Marius • 17.Dezember, 2007 @ 09:59 • Abgelegt unter: Controlling / Logistik

Eines der Themen, das ich zurzeit im Produktbereich Service von Blaupunkt bearbeite, ist die Optimierung des Planungsprozesses. Einmal jährlich erstellt jeder Bosch Geschäftsbereich seinen Wirtschaftsplan (Wipl). Dabei handelt es sich um eine komplette Gewinn- und Verlustrechnung mit Planwerten für die nächsten drei Jahre. Ziel ist es, Abweichungen frühzeitig zu erkennen und außerdem die Grundlage für die Ergebnisrechnung in SAP zu legen.

Da die Wirtschaftsplanung eines der zentralen Themen im Controlling ist und sich jeder Controlling-Mitarbeiter über mehrere Monate im Jahr damit beschäftigt, will ich etwas genauer darauf eingehen. Die Grundlage für den Wipl legt der Vertrieb, der die Absatzzahlen für alle herzustellenden Produkte plant. Diese Absatzzahlen werden dann auf die Werke verteilt, die daraufhin ihre Herstellkosten und Investitionen bestimmen. Parallel dazu werden Gemeinkosten wie Entwicklung, Vertrieb und Verwaltung geplant.
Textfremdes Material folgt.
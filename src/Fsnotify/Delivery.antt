-- ===== src/Fsnotify/Delivery.antt =====
-- What runLoop delivers of a changed file.
use hotload.Prelude.{
  ◌≡◌, refl, ◌∙◌, inl, inr, String, Bool, true, false, some, List, [], ◌∷◌, ◌++◌, arith, lookup,
  insert, lookup-insert, str_eq, eq_iff, if◌then◌else◌, Option-cases,
}
use mathlib.Core.Option
use hotload.State.{Error, ok, err, Result-cases}
use hotload.Registry.{returns, panics}
use hotload.Fsnotify.Close.{close_strategy}
use hotload.Fsnotify.{
  Strategy, PathWatch, QueryWatch, PendingOperation, send, find_path, send_all, set_val, resync,
  read_config_file,
}
use hotload.Fsnotify.Closing.{close_strategy-stops}
use hotload.Fsnotify.Loop.{Loop, Signal, event, refresh, on_event, turn}

-- The query's watch with one more operation in its buffer.
abbrev pub queued : PendingOperation → QueryWatch → QueryWatch
queued op q = record q { oper_chan = q.oper_chan ++ (op ∷ []) }

send_all-lookup :
    (op : PendingOperation) (k : String) (qs : List (String × QueryWatch))
    → lookup k (send_all op qs) ≡ Option.map (queued op) (lookup k qs)
unfolding send_all lookup
send_all-lookup op k [] = refl
send_all-lookup op k (x ∷ qs) = ground (arith, send_all-lookup op k qs)

-- The path's watch after a value was set.
abbrev updated : PathWatch → String → PathWatch
updated w val = record w { value = val; queries = send_all (send val) w.queries }

set_val-find :
    (s : Strategy) (pth val other : String) (w : PathWatch)
    → find_path s pth ≡ some w
    → (t : Strategy) × (set_val s pth val ≡ returns t)
      × (find_path t other ≡ (if str_eq pth other then some (updated w val) else find_path s other))
unfolding set_val
set_val-find s pth val other w f = elim (Option-cases s.paths) [
  | inl p ↦ ground (arith, p)
  | inr (m, p) ↦ (
    record s { paths = some (insert pth (updated w val) m) },
    ground (arith, p, f),
    ground (arith, p, lookup-insert pth other (updated w val) m),
  )
]

resync-paths : (s : Strategy) (pth : String) → (resync s pth).0.paths ≡ s.paths
unfolding resync read_config_file
resync-paths s pth = ground arith

find_path-resync :
    (s : Strategy) (pth other : String) → find_path (resync s pth).0 other ≡ find_path s other
find_path-resync s pth other = ground (arith, resync-paths s pth)

-- What one refresh makes of the watch of its path: the value that was read, and one pending send of
-- it for each query, or nothing if the resync failed.
pub data Refreshed (s : Strategy) (pth : String) (w w' : PathWatch) (fixed : Bool) : Type 0 where
  delivered :
      (val : String)
      → (resync s pth).1 ≡ ok val
      → w'.value ≡ val
      → ((qry : String)
          → lookup qry w'.queries ≡ Option.map (queued (send val)) (lookup qry w.queries))
      → fixed ≡ true
      → Refreshed s pth w w' fixed
  failed :
      (e : Error) → (resync s pth).1 ≡ err e → w' ≡ w → fixed ≡ false → Refreshed s pth w w' fixed

same_path :
    (s : Strategy) (pth other : String) (w : PathWatch)
    → find_path s pth ≡ some w
    → find_path s other ≡ (if str_eq pth other then some w else find_path s other)
same_path s pth other w f = ground (arith, f, eq_iff pth other)

refresh-Refreshed :
    (s : Strategy) (pth other : String) (w : PathWatch)
    → find_path s pth ≡ some w
    → (t : Strategy) × (fixed : Bool) × (w' : PathWatch) × (refresh s pth ≡ returns (t, fixed))
      × Refreshed s pth w w' fixed
      × (find_path t other ≡ (if str_eq pth other then some w' else find_path s other))
unfolding refresh
refresh-Refreshed s pth other w f =
    let before = find_path-resync s pth in
    elim (Result-cases (resync s pth).1) [
      | inr (x, r) ↦ (
        (resync s pth).0,
        false,
        w,
        ground (arith, r),
        failed x r refl refl,
        before other ∙ same_path s pth other w f,
      )
      | inl (val, r) ↦
          let (t, e, o) = set_val-find (resync s pth).0 pth val other w (before pth ∙ f) in
          (
            t,
            true,
            updated w val,
            ground (arith, r, e),
            delivered val r refl (λ qry. send_all-lookup (send val) qry w.queries) refl,
            ground (arith, o, before other),
          )
    ]

-- The loop after a refresh.
abbrev refreshed : Loop → String → Strategy → Bool → Loop
refreshed l pth t fixed = record l {
  strategy = t;
  failed_paths = if fixed then l.failed_paths else insert pth tt l.failed_paths;
}

turn-event :
    (l : Loop) (pth : String) (t : Strategy) (fixed : Bool)
    → l.strategy.has_watcher ≡ true
    → refresh l.strategy pth ≡ returns (t, fixed)
    → turn l (event pth true) ≡ returns (refreshed l pth t fixed)
unfolding turn on_event
turn-event l pth t fixed h e = ground (arith, h, e)

refreshed-lookup :
    (l : Loop) (pth key : String) (t : Strategy) (fixed : Bool)
    → lookup key (refreshed l pth t fixed).failed_paths ≡ (
        if fixed
        then lookup key l.failed_paths
        else if str_eq pth key
        then some tt
        else lookup key l.failed_paths)
refreshed-lookup l pth key t fixed = ground (arith, lookup-insert pth key tt l.failed_paths)

-- While the strategy has a watcher, a Write or Remove of a watched path makes runLoop go on. Either
-- the file was read, and then the path has its value, each of its queries one pending send of it,
-- and the failed paths are as before; or the resync failed, and then the path is as before and is
-- among the failed ones. Every other path is as before.
pub event-delivers :
    (l : Loop) (pth other : String) (w : PathWatch)
    → l.strategy.has_watcher ≡ true
    → find_path l.strategy pth ≡ some w
    → (k : Loop) × (fixed : Bool) × (w' : PathWatch) × (turn l (event pth true) ≡ returns k)
      × (k.returned ≡ l.returned)
      × Refreshed l.strategy pth w w' fixed
      × (find_path k.strategy other
          ≡ (if str_eq pth other then some w' else find_path l.strategy other))
      × (lookup other k.failed_paths ≡ (
          if fixed
          then lookup other l.failed_paths
          else if str_eq pth other
          then some tt
          else lookup other l.failed_paths))
event-delivers l pth other w h f =
    let (t, fixed, w', e, r, o) = refresh-Refreshed l.strategy pth other w f in
    (
      refreshed l pth t fixed,
      fixed,
      w',
      turn-event l pth t fixed h e,
      refl,
      r,
      o,
      refreshed-lookup l pth other t fixed,
    )

-- If Close returns while runLoop is between two turns, its next turn panics, whatever it would
-- receive: it calls GetEvents of a nil watcher.
pub close_strategy-turn :
    (l : Loop) (t : Strategy) (sig : Signal)
    → close_strategy l.strategy ≡ returns t
    → turn (record l { strategy = t }) sig ≡ panics
unfolding turn
close_strategy-turn l t sig e = ground (arith, close_strategy-stops l.strategy t e)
Natürlich gibt es bei diesem Vorgehen mehrere Iterationen; Zwischenstände werden dem Bereichsvorstand präsentiert, der dann wieder Änderungen vorgibt. Als Trainee bei der Wirtschaftsplanung mitzuarbeiten gibt einem die Möglichkeit, sehr schnell einen umfassenden Überblick über den Geschäftsbereich zu erhalten, da das Controlling die gesamte Koordination übernimmt. Insgesamt handelt es sich um einen sehr komplexen Prozess, von dem ich bisher nur die Grundlagen mitbekommen habe.

Da der Produktbereich Service eine Vielzahl an Ersatzteilen sowie Produkte, die schon seit einigen Jahren nicht mehr gefertigt werden, an seine Kunden ausliefert, hat er ein wesentlich umfangreicheres Produktspektrum als ein „normaler“ Produktbereich wie zum Beispiel Radio. Dadurch gestaltet sich auch der Planungsprozess erheblich komplexer. Ziel meines Projektes ist es, alternative Planungssystematiken zu entwickeln, zu bewerten und anschließend dem Bereichsvorstand eine Entscheidungsvorlage zu präsentieren. Dazu habe ich zusammen mit der zuständigen Controllerin einige Prozessalternativen entworfen, die wir morgen in einem Workshop mit den Service-Abteilungsleitern detaillieren und beurteilen.